International Affairs: March 2007 Archives

Meir Javedanfar theorizes that Iran took the 15 British soldiers hostage as a ploy to "Carterize" Tony Blair and knock the UK out of the Global War on Terror.

By capturing the servicemen, Tehran is hoping that the British people, particularly the majority who are already against the war in Iraq will openly blame Blair for the crisis, by saying that it is his fault for endangering the lives of troops by sending them into a conflict zone.

Such internal dissatisfaction, Tehran hopes, would subsequently deal a deadly blow to any plans Blair or his successor may have to support an attack on Iran’s nuclear facilities.

The solution to dealing with thugs is to turn to Carter's successor, Ronald Reagan. Every time we give an inch they push for another, and pretty soon we're living under sharia law and baseball is replaced as the national pass-time by stampeding off bridges.

I pray nightly for the safe return of those British soldiers, but I cringe at the policies that allowed their capture. I hope that American troops would have been free to resist capture, but I'm not confident of it thanks to our weak-kneed politicians.

Walid Phares thinks he knows what Iran will do next.

2) The regime "needs" an external clash to crush the domestic challenge.

As in many comparable cases worldwide, when an authoritarian regime is faced with severe internal opposition it attempts to deflect the crisis onto the outside world. Hence, Teheran's all out campaign against the US and its allies in Iraq, Lebanon and the region is in fact a repositioning of Iran's shield against the expected rising opposition inside the country. Hence the Khomeinist Mullahs plan seem to be projected as follow:

a. Engage in the diplomatic realm, to project a realist approach worldwide, but refrain from offering real results

b. Continue, along with the Syrian regime, in supporting the "Jihadi" Terror operations (including sectarian ones) inside Iraq

c. Widen the propaganda campaign against the US and its allies via a number of PR companies within the West, to portray Iran as "a victim" of an "upcoming war provoked by the US."

d. Engage in skirmishes in the Gulf (and possibly in other spots) with US and British elements claiming these action as "defensive," while planned thoroughly ahead of time.

3) The regime plan is to drag its opponents into a trap

Teheran's master planners intend to drag the "Coalition" into steps in engagement, at the timing of and in the field of control of Iran's apparatus. Multiple options and scenarios are projected.

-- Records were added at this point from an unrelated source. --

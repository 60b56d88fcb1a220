-- ===== src/Tree/Mapped.antt =====
-- `try_map` of lib/bombadil/src/tree.rs, which visits the leaves in order.
use bombadil.Common.{List, [], ◌∷◌, ◌++◌, ◌≡◌, refl, sym, ◌∙◌, ap}
use bombadil.Common.Run.{Run, ok, err, out_of_fuel, and_then, Comp, return, ◌>>=◌}
use bombadil.Tree.{
  Weight, Tree, Branches, leaf, branch, none_left, weighted, try_map, try_map_branches,
}
use bombadil.Tree.Leaves.{leaves, leaves_branches}

module _ {W E : Type 0} where
  module _ {A B : Type 0} where
    -- One element after the other, up to the first failure.
    abbrev pub traverse : (A → Comp W E B) → List A → Comp W E (List B)
    traverse g [] = return []
    traverse g (x ∷ xs) = g x >>= λ y. traverse g xs >>= λ ys. return (y ∷ ys)

    and_then-cong :
        (r : Run W E A) (f g : A → W → Run W E B)
        → ((a : A) (w : W) → f a w ≡ g a w)
        → and_then r f ≡ and_then r g
    and_then-cong (ok a w) f g h = h a w
    and_then-cong (err _ _) f g h = refl
    and_then-cong out_of_fuel f g h = refl

  and_then_assoc :
      {A B C : Type 0} (r : Run W E A) (f : A → W → Run W E B) (g : B → W → Run W E C)
      → and_then (and_then r f) g ≡ and_then r (λ a w. and_then (f a w) g)
  and_then_assoc (ok a w) f g = refl
  and_then_assoc (err _ _) f g = refl
  and_then_assoc out_of_fuel f g = refl

  append_after :
      {B : Type 0} (y : B) (r : Run W E (List B)) (rest : Comp W E (List B))
      → and_then (and_then r (λ a. rest >>= λ b. return (a ++ b))) (λ zs. return (y ∷ zs))
        ≡ and_then (and_then r (λ a. return (y ∷ a))) (λ a. rest >>= λ b. return (a ++ b))
  append_after y (ok a w) rest = and_then_assoc (rest w) _ _
  append_after y (err _ _) rest = refl
  append_after y out_of_fuel rest = refl

  traverse-append :
      {A B : Type 0} (g : A → Comp W E B) (xs ys : List A) (w : W)
      → traverse g (xs ++ ys) w ≡ (traverse g xs >>= λ a. traverse g ys >>= λ b. return (a ++ b)) w
  traverse-append {A} {B} g [] ys w = identity (traverse g ys w)
    where
      identity : (r : Run W E (List B)) → r ≡ and_then r (λ b w'. ok b w')
      identity (ok b w') = refl
      identity (err _ _) = refl
      identity out_of_fuel = refl
  traverse-append g (x ∷ xs) ys w =
      and_then-cong (g x w) _ _ (λ y w1.
        rw (traverse-append g xs ys w1) (append_after y (traverse g xs w1) (traverse g ys)))
      ∙ sym (and_then_assoc (g x w) _ _)

module _ {T U W E : Type 0} (f : T → Comp W E U) where
  -- `f` at a leaf's value.
  abbrev pub at_leaf : List Weight × T → Comp W E (List Weight × U)
  at_leaf (path, value) = f value >>= λ u. return (path, u)

  mutual
    unfolding leaves try_map

    leaves-try_map_tree :
        (t : Tree T) (path : List Weight) (w : W)
        → (try_map f t >>= λ t'. return (leaves t' path)) w ≡ traverse at_leaf (leaves t path) w
    leaves-try_map_tree (leaf value) path w =
        and_then_assoc (f value w) _ _ ∙ sym (and_then_assoc (f value w) _ _)
    leaves-try_map_tree (branch branches) path w =
        and_then_assoc (try_map_branches f branches w) _ _ ∙ leaves-try_map_branches branches path w

    leaves-try_map_branches :
        (bs : Branches T) (path : List Weight) (w : W)
        → (try_map_branches f bs >>= λ bs'. return (leaves_branches bs' path)) w
          ≡ traverse at_leaf (leaves_branches bs path) w
    leaves-try_map_branches none_left path w = refl
    leaves-try_map_branches (weighted v t bs) path w =
        and_then_assoc (try_map f t w) _ _
        ∙ and_then-cong (try_map f t w) _ _ (λ t' w'.
          and_then_assoc (try_map_branches f bs w') _ _
          ∙ sym (and_then_assoc (try_map_branches f bs w') _ _)
          ∙ ap (λ r. and_then r (λ b. return (leaves t' (v ∷ path) ++ b)))
              (leaves-try_map_branches bs path w'))
        ∙ sym (and_then_assoc (try_map f t w) _ _)
        ∙ ap
            (λ r.
              and_then r (λ a. traverse at_leaf (leaves_branches bs path) >>= λ b. return (a ++ b)))
            (leaves-try_map_tree t (v ∷ path) w)
        ∙ sym (traverse-append at_leaf (leaves t (v ∷ path)) (leaves_branches bs path) w)

  -- Mapping a tree calls `f` on the values of the leaves in order, up to the first failure, and
  -- leaves what it gave at the leaves' places, with the same weights: results, failures and the
  -- closure's state are those of a traversal of the list of leaves.
  pub leaves-try_map :
      (t : Tree T) (path : List Weight) (w : W)
      → (try_map f t >>= λ t'. return (leaves t' path)) w ≡ traverse at_leaf (leaves t path) w
  leaves-try_map = leaves-try_map_tree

a. British military counter measure takes place, supported by the US. Iran's regime believe that only "limited" action by the allies is possible, according to their analysis of the domestic constraints inside the two powerful democracies.

b. Tehran moves to a second wave of activities, at its own pace, hoping to draw a higher level of classical counter strikes by US and UK forces. The dosing by Iran's leadership is expected to stretch the game in time, until the departure of Blair and of the Bush Administration by its political opponents inside the country's institutions and public debate.

So basically they plan to keep jabbing us until President Bush and Prime Minister Blair are out of office, at which point the mullahs expect our next leaders to capitulate and sue for peace. Seems like they're familiar with the Democrats.

In January Mark Steyn wrote in a book review that if you're not "obsessed with victory" then you shouldn't have gotten into the war in the first place. Alas, the newly-elected Democrat majority in Congress is obsessed with many things, none of which involve America winning the Global War on Terror.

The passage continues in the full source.